The book is filled halfway with my scrawls, inkblots, and coffee stains. Sometimes I’ll look through it if I’m looking for some word that slipped out of mind, and sometimes I’ll just pick it up to browse through. It is an extremely condensed and personal version of the OED. While it lacks the majesty and erudition of that work it does do a wonderful job of reminding me why I enjoyed reading it in the first place.

Why don’t I keep notebooks for the other books I read? I’ve tried many different methods of memorializing my books – dog-earing pages that I want to come back to, interleaving sheets of paper with jotted comments, penciling or penning in marginalia. In all cases I have similar results: the beginning of the book is marked with this readerly spoor, but as I progress through the pages the intentions apparently give way to the simple pleasure of reading in the moment, without plans for the future, and the notes and creased pages die off.
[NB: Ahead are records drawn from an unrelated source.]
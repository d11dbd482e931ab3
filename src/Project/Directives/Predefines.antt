-- ===== src/Project/Directives/Predefines.antt =====
-- initialize_preprocessor of project/frontend/directive_executor.cpp, with its configuration.
use server_engine_v.Common.{not, List, [], ◌∷◌, if◌then◌else◌}
use server_engine_v.Text.{Text, text_empty}
use server_engine_v.Status.{ServerStatus, success, succeeded}
use server_engine_v.Project.StringTable.{StringTable, intern, contains}
use server_engine_v.Project.Preprocessor
use server_engine_v.Project.Preprocessor.{Preprocessor, define_empty, defined, undefine}

pub record Predefine : Type 0 where
  pub predefine_name : Text
  pub predefine_replacement : Text

-- one round of the loop of initialize_preprocessor
predefine : StringTable → Preprocessor → Predefine → StringTable × Preprocessor × ServerStatus
predefine strings bindings configured =
    let (named, name, name_status) = intern strings configured.predefine_name in
    let (plain, plain_status) = define_empty (contains named) bindings name in
    let (replaced, replacement, status) = intern named configured.predefine_replacement in
    let (full, full_status) = Preprocessor.define (contains replaced) bindings name replacement in
    if not (succeeded name_status)
    then (named, bindings, name_status)
    else if text_empty configured.predefine_replacement
    then (named, plain, plain_status)
    else if not (succeeded status)
    then (replaced, bindings, status)
    else (replaced, full, full_status)

unfoldable pub initialize_preprocessor :
    List Predefine → StringTable → Preprocessor → StringTable × Preprocessor × ServerStatus
unfolding predefine
initialize_preprocessor [] strings bindings = (strings, bindings, success)
initialize_preprocessor (configured ∷ rest) strings bindings =
    let one = predefine strings bindings configured in
    let more = initialize_preprocessor rest one.0 one.1 in
    if not (succeeded one.2) then one else more
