-- ===== src/Project/Probing/Capacity.antt =====
-- next_capacity: the size of a table, and how its mask wraps a position.
use server_engine_v.Common.{
  ℕ, zero, suc, ◌+◌, ◌-◌, ◌*◌, ◌/◌, ◌%◌, ◌^◌, ◌≤◌, ◌<◌, ◌≡◌, refl, arith, false, ltb, ◌==◌,
  if◌then◌else◌, u64_mod, Bool-cases, inl, inr,
}
use server_engine_v.Common.Masks.{bit_and_mask}
use native.Mathlib.Nat.{pow-suc, one-le-pow}
use server_engine_v.Project.Probing.{grow, next_capacity, wrap}

-- the sizes at which `& mask` is a remainder
abbrev pub IsPower : ℕ → Type 0
IsPower size = (k : ℕ) × (size ≡ 2 ^ k)

pub wrap_mod : (size : ℕ) → IsPower size → (position : ℕ) → wrap size position ≡ position % size
wrap_mod size (k, e) position = rw e (bit_and_mask k position)

pub IsPower-pos : (size : ℕ) → IsPower size → 0 < size
IsPower-pos size (k, e) = rw e (one-le-pow k 2 (omega arith))

pub wrap-lt : (size : ℕ) → IsPower size → (position : ℕ) → wrap size position < size
wrap-lt size p position = ground (arith, wrap_mod size p position, IsPower-pos size p)

pub wrap_next :
    (size : ℕ)
    → IsPower size
    → (position : ℕ) → position < size
    → wrap size (position + 1) ≡ (if ltb (position + 1) size then position + 1 else 0)
wrap_next size p position h = grind (arith, wrap_mod size p (position + 1))

move_factor :
    (a twice_a b twice_b n : ℕ)
    → a * 2 ≡ twice_a
    → twice_b ≡ b * 2
    → n ≤ a * twice_b
    → n ≤ twice_a * b
move_factor a twice_a b twice_b n e e' h =
    rw (← e) (let h' : n ≤ a * (b * 2) = rw e' at h in grind arith)

grow_lem :
    (fuel exponent minimum k : ℕ)
    → minimum ≤ 2 ^ k * 2 ^ exponent
    → exponent < fuel
    → minimum ≤ 2 ^ 63
    → IsPower (grow fuel minimum (2 ^ k))
      × (minimum ≤ grow fuel minimum (2 ^ k))
      × (2 ^ k ≤ grow fuel minimum (2 ^ k))
unfolding grow
grow_lem zero exponent minimum k reach h bound = absurd (omega arith)
grow_lem (suc fuel) zero minimum k reach h bound =
    let enough : ltb (2 ^ k) minimum ≡ false = ground arith in
    rw enough ((k, refl), ground arith, ground arith)
grow_lem (suc fuel) (suc exponent) minimum k reach h bound =
    elim (Bool-cases (ltb (2 ^ k) minimum)) [
      | inr enough ↦ rw enough ((k, refl), ground arith, ground arith)
      | inl more ↦
          let low : ltb ((u64_mod - 1) / 2) (2 ^ k) ≡ false = ground arith in
          let twice : 2 ^ k * 2 ≡ 2 ^ suc k = omega (arith, pow-suc 2 k) in
          let next =
            grow_lem fuel exponent minimum (suc k)
              (move_factor (2 ^ k) (2 ^ suc k) (2 ^ exponent) (2 ^ suc exponent) minimum twice
                (pow-suc 2 exponent) reach)
              (omega arith) bound in
          rw (more, low, twice) (next.0, next.1, omega (arith, next.2))
    ]

pub next_capacity_lem :
    (required : ℕ)
    → 0 < required
    → required ≤ 2 ^ 62
    → IsPower (next_capacity required)
      × (required * 2 ≤ next_capacity required)
      × (8 ≤ next_capacity required)
unfolding next_capacity
next_capacity_lem required positive bound =
    let one : (required == 0) ≡ false = ground arith in
    let low : ltb ((u64_mod - 1) / 2) required ≡ false = ground arith in
    rw (one, low) (grow_lem 64 60 (required * 2) 3 (omega arith) (omega arith) (omega arith))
Part of me thinks that keeping notes for reading non-reference works is a waste of time. I tell myself that I’ll always remember certain parts of certain books – some writing is so terribly well done that it sears itself into my memory. At least, that’s what I thought, and to prove it to myself this morning I picked up what has long been one of most treasured and well-remembered books, Bohumil Hrabal’s Too Loud a Solitude. It’s a tiny little novel, with an utterly improbable amount of joy and sadness packed into just under a hundred pages. I’ve read it a number of times, and one of the things about it that I remember most clearly is that every single chapter begins with the exact same line: “For thirty-five years now I’ve compacted wastepaper in a hydraulic press…”

Yet when I looked at it this morning I discovered that I was wrong. Many of the chapters begin with some variation of this line, but no two are exactly the same, and some chapters are missing it completely. At first I found this extremely disconcerting – if only I had kept notes when I read this book I never would have spent all these years cherishing a false memory. And then I realized the absurdity of keeping notes for reading a 98 page novella.

My memories of this book are inimitably mine and every bit as real and meaningful as the book itself. The fact that they are graced with the creativity of imprecise recollection gives this book even more of a hold on me. The enjoyment I get from rereading my notes on the OED notwithstanding, I’ll continue to read my books without an eye to the future.

Recent Comments

  1. Laoma

    Ooh, I am so jealous. I would love to read the whole OED! I once spent two weeks immersed in the first version while writing a paper on Hamlet in Cairo. Sigh. My memories of that time are like remembering the ultimate vacation love affair. Sometimes I wonder how I sustained such continous ecstasy. Youth.